Needing a reliable way to narrow down the dates and magnitudes, a recent study turned to dendrochronology. In ancient times, local earthquakes triggered massive tsunamis, which drowned trees. So knowing when the trees died would give scientists more precise information.
They examined tree rings from six sites around Puget Sound in Washington State and discovered something worrying. The ancient trees, which died between 923 and 924, were felled by a massive earthquake. Possibly even two in close succession.
The magnitude was around 7.5, and the event occurred near modern-day Seattle. The strength is concerning. An older study has predicted that if a weaker earthquake, like a 6.7-magnitude event, occurred along the Seattle fault today, it could lead to 1,600 deaths, destroy 10,000 buildings, and cause $50 billion in damages.[8]
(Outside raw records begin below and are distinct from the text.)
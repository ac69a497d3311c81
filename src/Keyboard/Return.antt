-- ===== src/Keyboard/Return.antt =====
-- A line is read to its end: the return key is enough.
use alpha_os.Prelude.{
  ℕ, ◌+◌, ◌-◌, ◌^◌, ◌≤◌, ◌<◌, ◌≡◌, refl, true, false, ◌==◌, Option, none, some, List, [], ◌∷◌,
  arith, ltb, length, length-append, inl, inr, Bool-cases, Option-cases,
}
use alpha_os.CString.Spec.{Text}
use alpha_os.Strtok.Spec.{has}
use alpha_os.Console.{Console}
use alpha_os.Keyboard.{Keyboard, Reading, Typed, keyboard_get_line}
use alpha_os.Keyboard.Queue.{IsRing, used, length-window, decoded, pending}
use alpha_os.Keyboard.Line.{keys, edited, edit, coming, typed_of, measured, keyboard_get_line_lem}

-- The ring has 255 keys at most, and each reading brings one at most.
length-decoded : (r : Reading) → length (decoded r) ≤ 1
length-decoded (status, scancode) = ground arith

length-keys : (rs : List Reading) → length (keys rs) ≤ length rs
length-keys [] = omega arith
length-keys (r ∷ rs) =
    omega (arith, length-append {0} (decoded r) (keys rs), length-decoded r, length-keys rs)

pub length-coming : (k : Keyboard) (rs : List Reading) → length (coming k rs) < 257 + length rs
length-coming k rs = omega (
  arith,
  length-append {0} (pending k) (keys rs),
  length-window k.buffer k.tail (used k),
  length-keys rs,
)

edited-return : (c : ℕ) (text line : Text) → edited c text ≡ some line → (c == 10) ≡ false
edited-return c text line e = elim (Bool-cases (c == 10)) [
  | inl hit ↦ absurd (nothing (rw hit at e))
  | inr miss ↦ miss
]
  where
    nothing : {l : Text} → ¬ (none ≡ some l)
    nothing e = cc

-- Keys with a line feed among them end a line, if they do not fill the buffer before.
edit-returns :
    (limit : ℕ) (cs : List ℕ) (text : Text)
    → has 10 cs ≡ true
    → (r : Text × List ℕ) × (edit limit cs text ≡ some r)
unfolding has
edit-returns limit [] text h = absurd (cc)
edit-returns limit (c ∷ cs) text h = elim (Bool-cases (ltb (length text) limit)) [
  | inr full ↦ ((text, c ∷ cs), rw full refl)
  | inl room ↦ elim (Option-cases (edited c text)) [
    | inl ends ↦ ((text, cs), rw (room, ends) refl)
    | inr (line, goes) ↦
        let later : has 10 cs ≡ true = rw (edited-return c text line goes) at h in
        let (r, e) = edit-returns limit cs line later in (r, rw (room, goes) e)
  ]
]

-- From a ring with its indices in range, and where a line feed is among the keys that wait or come with
-- the readings, `keyboard_get_line` returns: 257 rounds and one for each reading are enough. The buffer
-- is not empty, and smaller than 2 ^ 32 bytes.
pub keyboard_get_line-returns :
    (buffer_size : ℕ) (k : Keyboard) (s : Console) (rs : List Reading)
    → IsRing k
    → 0 < buffer_size
    → buffer_size < 2 ^ 32
    → has 10 (coming k rs) ≡ true
    → (r : ℕ × Typed) × (keyboard_get_line (257 + length rs) buffer_size k s rs ≡ some r)
keyboard_get_line-returns n k s rs ring room bound line_feed =
    let (r, e) = edit-returns (n - 1) (coming k rs) [] line_feed in
    let same =
      keyboard_get_line_lem (257 + length rs) n k s rs ring (length-coming k rs) room bound in
    go (keyboard_get_line (257 + length rs) n k s rs) r (rw e at same)
  where
    go :
        (o : Option (ℕ × Typed)) (r : Text × List ℕ)
        → typed_of o ≡ measured (some r)
        → (x : ℕ × Typed) × (o ≡ some x)
    go none r same = absurd (cc)
    go (some x) r same = (x, refl)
2 The Truth about Jamestown’s Fall
In 1607, English settlers founded America’s first permanent colony near present-day Williamsburg, Virginia. Jamestown is remembered as a settlement that was destroyed by the hubris of its inhabitants. Due to their incompetence and lack of preparation and knowledge, the folks of Jamestown couldn’t survive off the land, and most perished.
For centuries, historians laid the failure squarely on these settlers. However, archaeologists are now changing the narrative. According to new physical evidence, the people of Jamestown weren’t incompetent. Excavations revealed that they were accomplished hunters, livestock farmers, glassblowers, woodworkers, distillers, fort builders, and more.
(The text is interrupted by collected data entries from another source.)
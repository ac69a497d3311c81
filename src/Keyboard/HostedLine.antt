-- ===== src/Keyboard/HostedLine.antt =====
-- The line that `keyboard_get_line` of kernel/keyboard.c reads where it is built with TEST_MODE.
use mathlib.Core.Path.{sym}
use alpha_os.Prelude.{
  ℕ, zero, suc, ◌+◌, ◌-◌, ◌%◌, ◌^◌, ◌<◌, ◌≡◌, ◌≢◌, refl, ap, ◌∙◌, true, false, ◌&&◌, ◌||◌, Option,
  none, some, List, [], ◌∷◌, ◌++◌, arith, ltb, leb, ◌==◌, length, append-nil, append_assoc,
  Bool-cases, inl, inr,
}
use alpha_os.CString.Spec.{Text}
use alpha_os.Strtok.Spec.{has}
use alpha_os.Console.{Console}
use alpha_os.Keyboard.{Keyboard, Reading, Typed, keyboard_get_line}
use alpha_os.Keyboard.Queue.{IsRing}
use alpha_os.Keyboard.Return.{length-coming, keyboard_get_line-returns}
use alpha_os.Keyboard.Line.{coming, edit, measured, keyboard_get_line_lem}
use alpha_os.Keyboard.Hosted.{Terminal, Obeys, hosted_loop, hosted_get_line}

-- No key deletes.
abbrev pub NoErase : List ℕ → Type 0
NoErase [] = Unit {0}
NoErase (k ∷ ks) = (k ≢ 8) × (k ≢ 127) × NoErase ks

measured-some :
    (o : Option (Text × List ℕ)) (len : ℕ) (line : Text) (left : List ℕ)
    → some (len, line, left) ≡ measured o
    → (length line ≡ len) × (o ≡ some (line, left))
measured-some none len line left e = absurd (cc)
measured-some (some (text, cs)) len line left e =
    let same : text ≡ line = cc in (ap length (sym same) ∙ cc, cc)

module _ (t : Terminal) (host : Obeys t) where
  open t use {State, getchar, fputc, fflush}
  open host use {pending, output, next, at_end, writes, flushes}

  loop-full :
      (f limit : ℕ) (line : Text) (s : State)
      → ltb (length line) limit ≡ false
      → hosted_loop t (suc f) limit line s ≡ some (line, s)
  unfolding hosted_loop
  loop-full f limit line s full = rw full refl

  loop-ends :
      (f limit : ℕ) (line : Text) (s : State) (k : ℕ)
      → ltb (length line) limit ≡ true
      → (getchar s).0 ≡ some k
      → ((k == 10) || (k == 13)) ≡ true
      → hosted_loop t (suc f) limit line s ≡ some (line, (getchar s).1)
  unfolding hosted_loop
  loop-ends f limit line s k room got ends = rw (room, got, ends) refl

  loop-shows :
      (f limit : ℕ) (line : Text) (s : State) (k : ℕ)
      → ltb (length line) limit ≡ true
      → (getchar s).0 ≡ some k
      → ((k == 10) || (k == 13)) ≡ false
      → ((k == 8) || (k == 127)) ≡ false
      → (leb 32 k && leb k 126) ≡ true
      → hosted_loop t (suc f) limit line s
        ≡ hosted_loop t f limit (line ++ k ∷ []) (fflush (fputc k (getchar s).1))
  unfolding hosted_loop
  loop-shows f limit line s k room got more kept shown = rw (room, got, more, kept, shown) refl

  loop-ignores :
      (f limit : ℕ) (line : Text) (s : State) (k : ℕ)
      → ltb (length line) limit ≡ true
      → (getchar s).0 ≡ some k
      → ((k == 10) || (k == 13)) ≡ false
      → ((k == 8) || (k == 127)) ≡ false
      → (leb 32 k && leb k 126) ≡ false
      → hosted_loop t (suc f) limit line s ≡ hosted_loop t f limit line (getchar s).1
  unfolding hosted_loop
  loop-ignores f limit line s k room got more kept hidden = rw (room, got, more, kept, hidden) refl

  loop-eof :
      (f limit : ℕ) (line : Text) (s : State)
      → ltb (length line) limit ≡ true
      → (getchar s).0 ≡ none
      → hosted_loop t (suc f) limit line s ≡ hosted_loop t f limit line (getchar s).1
  unfolding hosted_loop
  loop-eof f limit line s room got = rw (room, got) refl

  -- At the end of the input the loop reads on for ever.
  loop-spins :
      (fuel limit : ℕ) (line : Text) (s : State)
      → ltb (length line) limit ≡ true
      → pending s ≡ []
      → hosted_loop t fuel limit line s ≡ none
  loop-spins zero limit line s room nothing = unfold hosted_loop in refl
  loop-spins (suc f) limit line s room nothing =
      let (eof, still) = at_end s nothing in
      loop-eof f limit line s room eof ∙ loop-spins f limit line (getchar s).1 room still

  -- What the loop leaves, where `out` stands on the screen before the line.
  Reads : (fuel limit : ℕ) (line : Text) → State → (r : Text) (left : List ℕ) (out : Text) → Type 0
  Reads fuel limit line s r left out =
      (s' : State) × (hosted_loop t fuel limit line s ≡ some (r, s'))
      × (pending s' ≡ left)
      × (output s' ≡ out ++ r)

  -- The line as it stands, where the specification stops as well.
  stops :
      (fuel limit : ℕ) (line r : Text) (left rest : List ℕ) (out : Text) (s s' : State)
      → hosted_loop t fuel limit line s ≡ some (line, s')
      → pending s' ≡ rest
      → output s' ≡ out ++ line
      → ◌≡◌ {A = Option (Text × List ℕ)} (some (line, rest)) (some (r, left))
      → Reads fuel limit line s r left out
  unfolding Reads
  stops fuel limit line r left rest out s s' done p o e =
      let same : line ≡ r = cc in
      let same_rest : rest ≡ left = cc in
      (s', done ∙ ap (λ l. some (l, s')) same, p ∙ same_rest, o ∙ ap (λ l. out ++ l) same)

  -- A round that goes on.
  goes_on :
      (fuel fuel' limit : ℕ) (line line' r : Text) (left : List ℕ) (out : Text) (s s1 : State)
      → hosted_loop t fuel limit line s ≡ hosted_loop t fuel' limit line' s1
      → Reads fuel' limit line' s1 r left out
      → Reads fuel limit line s r left out
  unfolding Reads
  goes_on fuel fuel' limit line line' r left out s s1 step (s', done, p, o) =
      (s', step ∙ done, p, o)

  loop-edit :
      (keys : List ℕ) (fuel limit : ℕ) (line r : Text) (left : List ℕ) (out : Text) (s : State)
      → pending s ≡ keys
      → output s ≡ out ++ line
      → length keys < fuel
      → NoErase keys
      → edit limit keys line ≡ some (r, left)
      → Reads fuel limit line s r left out
  loop-edit keys zero limit line r left out s p o lt ok e = absurd (omega arith)
  loop-edit [] (suc f) limit line r left out s p o lt ok e =
      elim (Bool-cases (ltb (length line) limit)) [
        | inl room ↦
            let no : ◌≡◌ {A = Option (Text × List ℕ)} none (some (r, left)) = rw room at e in
            absurd (cc)
        | inr full ↦
            stops (suc f) limit line r left [] out s s (loop-full f limit line s full) p o
              (rw full at e)
      ]
  loop-edit (k ∷ keys) (suc f) limit line r left out s p o lt (not_back, not_del, ok) e =
      let (got, p1, o1) = next s k keys p in
      let s1 : State = (getchar s).1 in
      let not_8 : (k == 8) ≡ false = ground arith in
      let kept : ((k == 8) || (k == 127)) ≡ false = ground arith in
      elim (Bool-cases (ltb (length line) limit)) [
        | inr full ↦
            stops (suc f) limit line r left (k ∷ keys) out s s (loop-full f limit line s full) p o
              (rw full at e)
        | inl room ↦ elim (Bool-cases ((k == 10) || (k == 13))) [
          | inl ends ↦
              stops (suc f) limit line r left keys out s s1
                (loop-ends f limit line s k room got ends) p1 (o1 ∙ o) (rw (room, ends) at e)
          | inr more ↦ elim (Bool-cases (leb 32 k && leb k 126)) [
            | inl shown ↦
                let s2 : State = fflush (fputc k s1) in
                let written = writes k s1 in
                let flushed = flushes (fputc k s1) in
                goes_on (suc f) f limit line (line ++ k ∷ []) r left out s s2
                  (loop-shows f limit line s k room got more kept shown)
                  (loop-edit keys f limit (line ++ k ∷ []) r left out s2
                    (flushed.0 ∙ written.0 ∙ p1)
                    (flushed.1
                      ∙ written.1
                      ∙ ap (λ u. u ++ k ∷ []) (o1 ∙ o)
                      ∙ append_assoc out line (k ∷ []))
                    (omega arith) ok (rw (room, more, not_8, shown) at e))
            | inr hidden ↦
                goes_on (suc f) f limit line line r left out s s1
                  (loop-ignores f limit line s k room got more kept hidden)
                  (loop-edit keys f limit line r left out s1 p1 (o1 ∙ o) (omega arith) ok
                    (rw (room, more, not_8, hidden) at e))
          ]
        ]
      ]

  -- Where it is built with TEST_MODE, `keyboard_get_line` reads the line that the editor makes of the
  -- keys, with no backspace and no DEL among them, for a host that does what is documented; it
  -- leaves the other keys, and shows the line and a line feed.
  pub hosted_get_line-edit :
      (keys : List ℕ) (fuel buffer_size : ℕ) (r : Text) (left : List ℕ) (s : State)
      → pending s ≡ keys
      → length keys < fuel
      → 0 < buffer_size
      → buffer_size < 2 ^ 32
      → NoErase keys
      → edit (buffer_size - 1) keys [] ≡ some (r, left)
      → (s' : State) × (hosted_get_line t fuel buffer_size s ≡ some (length r, r, s'))
        × (pending s' ≡ left)
        × (output s' ≡ output s ++ (r ++ 10 ∷ []))
  unfolding hosted_get_line Reads
  hosted_get_line-edit keys fuel size r left s p lt pos small ok e =
      let limit : (size + 2 ^ 32 - 1) % 2 ^ 32 ≡ size - 1 = omega arith in
      let (s1, done, p1, o1) =
        loop-edit keys fuel (size - 1) [] r left (output s) s p (sym (append-nil (output s))) lt ok
          e in
      let written = writes 10 s1 in
      (
        fputc 10 s1,
        rw (limit, done) refl,
        written.0 ∙ p1,
        written.1 ∙ ap (λ u. u ++ 10 ∷ []) o1 ∙ append_assoc (output s) r (10 ∷ []),
      )

  -- `keyboard_get_line` of TEST_MODE against the kernel's: where the host, which does what is
  -- documented, is to read the bytes that are the kernel's keys to come, a line feed among them and no
  -- backspace or DEL, both return, with the same line and the same length, and leave the same keys
  -- unread; the host's screen then has the line and a line feed. The kernel's ring has its indices in
  -- range, and the buffer has 1 byte or more, and fewer than 2 ^ 32.
  pub hosted_get_line-kernel :
      (k : Keyboard) (c : Console) (rs : List Reading) (fuel buffer_size : ℕ) (s : State)
      → IsRing k
      → pending s ≡ coming k rs
      → length (coming k rs) < fuel
      → 0 < buffer_size
      → buffer_size < 2 ^ 32
      → NoErase (coming k rs)
      → has 10 (coming k rs) ≡ true
      → (len : ℕ) × (u : Typed) × (s' : State) × (keyboard_get_line
            (257 + length rs)
            buffer_size
            k
            c
            rs
          ≡ some (len, u))
        × (hosted_get_line t fuel buffer_size s ≡ some (len, u.line, s'))
        × (pending s' ≡ coming u.keyboard u.readings)
        × (output s' ≡ output s ++ (u.line ++ 10 ∷ []))
  hosted_get_line-kernel k c rs fuel size s ring p lt pos small ok feed =
      let ((len, u), returned) = keyboard_get_line-returns size k c rs ring pos small feed in
      let reads =
        keyboard_get_line_lem (257 + length rs) size k c rs ring (length-coming k rs) pos small in
      let (r, made) =
        measured-some (edit (size - 1) (coming k rs) []) len u.line (coming u.keyboard u.readings)
          (rw returned at reads) in
      let (s', hosted, p', o') =
        hosted_get_line-edit (coming k rs) fuel size u.line (coming u.keyboard u.readings) s p lt
          pos small ok made in
      (len, u, s', returned, hosted ∙ ap (λ n. some (n, u.line, s')) r, p', o')

  -- At the end of the input, `keyboard_get_line` of TEST_MODE never returns: no fuel is enough, for a
  -- buffer of 2 bytes or more.
  pub hosted_get_line-eof :
      (fuel buffer_size : ℕ) (s : State)
      → 1 < buffer_size
      → buffer_size < 2 ^ 32
      → pending s ≡ []
      → hosted_get_line t fuel buffer_size s ≡ none
  unfolding hosted_get_line
  hosted_get_line-eof fuel size s big small nothing =
      let limit : (size + 2 ^ 32 - 1) % 2 ^ 32 ≡ size - 1 = omega arith in
      let room : ltb 0 (size - 1) ≡ true = ground arith in
      rw (limit, loop-spins fuel (size - 1) [] s room nothing) refl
So, why did most of the population die? What made some survivors so desperate that they turned into cannibals who consumed their fallen? While several settlers died from disease and skirmishes with local tries, a tree ring study revealed what could’ve been the main killer.
Between 1606 and 1612, Jamestown was gripped by a devastating drought that likely destroyed the corn crops the town depended upon. This matches a contemporary story recorded by John Smith, who wrote that attempts to trade goods for corn grown by local people failed because they also had shortages due to no rain.[9]
1 A Millennial Storm
Trees capture space radiation in an interesting way. When radiation hits Earth’s atmosphere, it turns nitrogen atoms into carbon-14. The latter is absorbed by plants. When they appear in tree rings, researchers can look at radiation storms going back several millennia.
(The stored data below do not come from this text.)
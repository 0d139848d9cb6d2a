-- ===== src/Lib.antt =====
-- A packet filter on a network card: the core that runs on the card and the host's program that
-- gives it its rules and receives what it passes on.
--
-- The core (hardware/src/hls) takes phits of 512 bits from one stream, reads the Ethernet, IPv4 and
-- UDP headers from the first phit of a packet, looks the destination address up in a hash table of
-- 32 slots and copies the phit to the other stream or not. A cycle without a phit stores the rule
-- that stands in three registers and publishes four counters. The host (software/src) reads its
-- options, starts DPDK with a thread for each queue, registers a handler for packets, writes the
-- filters `<ip>:<port>` to the registers through the QDMA driver, waits, and prints the counters.
--
-- Network: hardware/src/hls/network.h and network.cc. A record for each of the structs, in
--   Network/Ethernet, Ipv4 and Udp, with `serialize`, `deserialize` and `size`; `NetworkPacket`.
--   A word of the bus is a number, and `data.range(hi, lo)` is `range` and `set_range` of
--   Base/Range. RoundTrip has the round trips; Wire reads a word as the bytes of a frame.
-- Hash: hardware/src/hls/hash.h and hash.cc, class `ToeplitzHash`. Slots is about the table,
--   Toeplitz about the hash as a matrix product, Collisions about addresses of the same slot.
-- Filter: hardware/src/hls/packet_filter.cc. `process_packet` is one call, a cycle of the core, over
--   `Filter`: the two streams, the static variables and the output `stats`. `Event` and `step` put
--   arriving phits and writes of the registers between the cycles. Spec is the abstract filter that
--   judges a packet by its first phit, Refinement and Runs relate the code to it, Packets goes to
--   whole packets, RuleChange is about rules that change inside a packet, Install about rules that
--   are written one after the other, Wire about the bytes that decide, Statistics about the counters,
--   Origin and Kept about what a run leaves in the table, WellFormed about the widths of the state.
-- Mmio: class `MMIO` of software/src/packet_filter.h and packet_filter.cc, over a record `Driver` of
--   the driver's functions. `Outcome` has the end of the process by `log_fatal` and exceptions.
--   Words has the reads and writes of values of several sizes.
-- Text: `find`, `substr` and `stoi` as the host uses them; Text/Decimal prints numbers.
-- Rules: class `PacketFilter`, `update_rule` and the constructor. Written is about what reaches the
--   registers, Installed follows a rule to the core's verdict, Interrupted is about cycles of the
--   core between the writes, Constructed about the constructor over a list of filters, Paced about
--   the core's table after it, Interleaved about phits and cycles between all its writes: Asked is
--   about what can be stored at all, Turns and Forwarded about one cycle behind each rule,
--   Delivered about the packets that arrive afterwards.
-- Stats: `show_stats` of `PacketFilter` (Core) and of class `PacketAdapter` (Adapter). Printed joins
--   it to the core's counters, Torn is about a counter that changes while it is read.
-- Handler: `network_packet_handler` of software/src/main.cc; Print has its printing functions and
--   Texts what they print. Frame gives the handler on the bytes of a frame, Payload the bounds of
--   what it prints, Forwarded joins it to the core's decision. Messages has the messages that it
--   logs, Overflow and Reported are about their lines in the log.
-- Options: `parse_args` of software/src/main.cc, over the results of `getopt`. Tokens is about the
--   lists of filters, Parsed about command lines.
-- Dpdk: software/src/dpdk.h and dpdk.cc. Threads has the number of threads, `thread_infos_` and
--   `register_callback`; Layout and Registered are about them. Init has `init_dpdk` and `port_init`
--   as calls of DPDK (Calls), Order their sequence. The creation of `thread_info` stands inside the
--   loop over the ports; here it is `thread_infos`, apart from the calls, which do not use it. Burst
--   has the receiving loop, Shutdown the destructor, which returns or waits for the threads for ever.
--   Startup and Handshake are step relations of threads: the constructor and `init_dpdk`, and a
--   receiving thread that waits for its callback, where the test of the predicate and the going to
--   sleep are steps of their own. Fleet puts all receiving threads and `main` together, to the joins
--   in the destructor; Fleet/Rest is about where they come to rest.
-- Logging: class `Log` of software/src/logging.h and logging.cc, and software/src/deps.h. Buffer is
--   about the line buffer, Stamp about the time stamp; Output has the functions of `Log` over the
--   level, the file and what was written, and Lines and Calls are about what comes to the files.
-- Timeout: class `Timeout` and `signal_handler` of software/src/main.cc, as a step relation. Any
--   number of signals come, on any thread, one behind the other: handlers that overlap, as of SIGINT
--   and SIGTERM at the same time, are left out.
-- Main: `main` of software/src/main.cc, which runs the parts one after the other; Settings is about
--   whole command lines. `main` goes on behind the constructor of `DPDK`, behind `wait_for` and behind
--   the joins only where the step relations of Dpdk/Startup, Timeout and Dpdk/Fleet come to rest in a
--   state that lets it (`Schedule`). It does not wait for a callback's effect.
-- Base: numbers, lists and ranges of bits. Examples: tests and applications of the theorems.
--
-- A header field of `w` bits is a number, below `2 ^ w` in a valid packet. The counters are modulo
-- `2 ^ 64`; offsets and addresses of registers are modulo `2 ^ 32`; `size_t` wraps at `2 ^ 64`.
-- `phit_idx` is a number without bound: the code's `int` overflows only in a packet of `2 ^ 31`
-- phits, which C++ leaves undefined. `decimal` and `hex` take fuel for one digit less than they print;
-- 4 is enough for a port, 2 for a byte, 9 for an `int` and 19 for a `size_t`.
-- `token_loop` has as much fuel as its text has characters, and each round takes one at least. The
-- other loops are structural.
--
-- Parameters: the driver's functions (`Driver`; `IsMemory` for registers that keep what is
-- written, `RuleRegisters` for the three registers that the core reads, `StatsRegisters` for those
-- of its counters, `AdapterRegisters` for the adapter's), `inet_addr` of the C library
-- (`IsAddress`: a value of 32 bits), DPDK's structs and constants (`Rte`; `IsWire` for their
-- documented layout), the answers of DPDK's calls (`Answers`), the time (`Clock`), the results of
-- `getopt`, what `printf` makes of a message, what becomes of the card while `main` waits, and
-- the states in which the scheduler lets the threads come to rest (`Schedule`; `IsStarted`,
-- `IsWaitOver` and `IsAtRest`: their steps reach it, and none is possible in it).
--
-- Not modelled: the buffers of the streams that lines are printed to, and calls of `Log` that
-- overlap; what the parts log outside the packet handler and the statistics, as the line of
-- `update_rule` with the text of its rule, which overflows the buffer of the line for a text of
-- about 4 KB; the Verilog wrapper, whose streams stall (here `m_axis` is never full); the strobes of
-- a phit (`strb`), which the core does not copy; scripts and patches. `fprintf` writes a line as it
-- is: no text that is logged has a 0 in it.
pub mod Base
pub mod Network
pub mod Hash
pub mod Filter
pub mod Text
pub mod Mmio
pub mod Rules
pub mod Stats
pub mod Handler
pub mod Options
pub mod Dpdk
pub mod Logging
pub mod Timeout
pub mod Main
pub mod Examples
One such storm, etched in tree rings, has scientists on edge. Called a Miyake event, this colossal monster seems to strike every thousand years. In the past, nobody would have been affected too much but in modern times, a Miyake event’s radiation can wreak havoc with electronics and electric grids. Transformers, power lines, internet cables, and satellites would be destroyed.
This looming calamity makes it necessary to find the source of the storms, but here’s the problem. Nobody knows what causes Miyake events, making studying them even harder. One scary fact is known, however. According to calculations, there’s a small chance that a Miyake storm might strike Earth in the next couple of years.[10]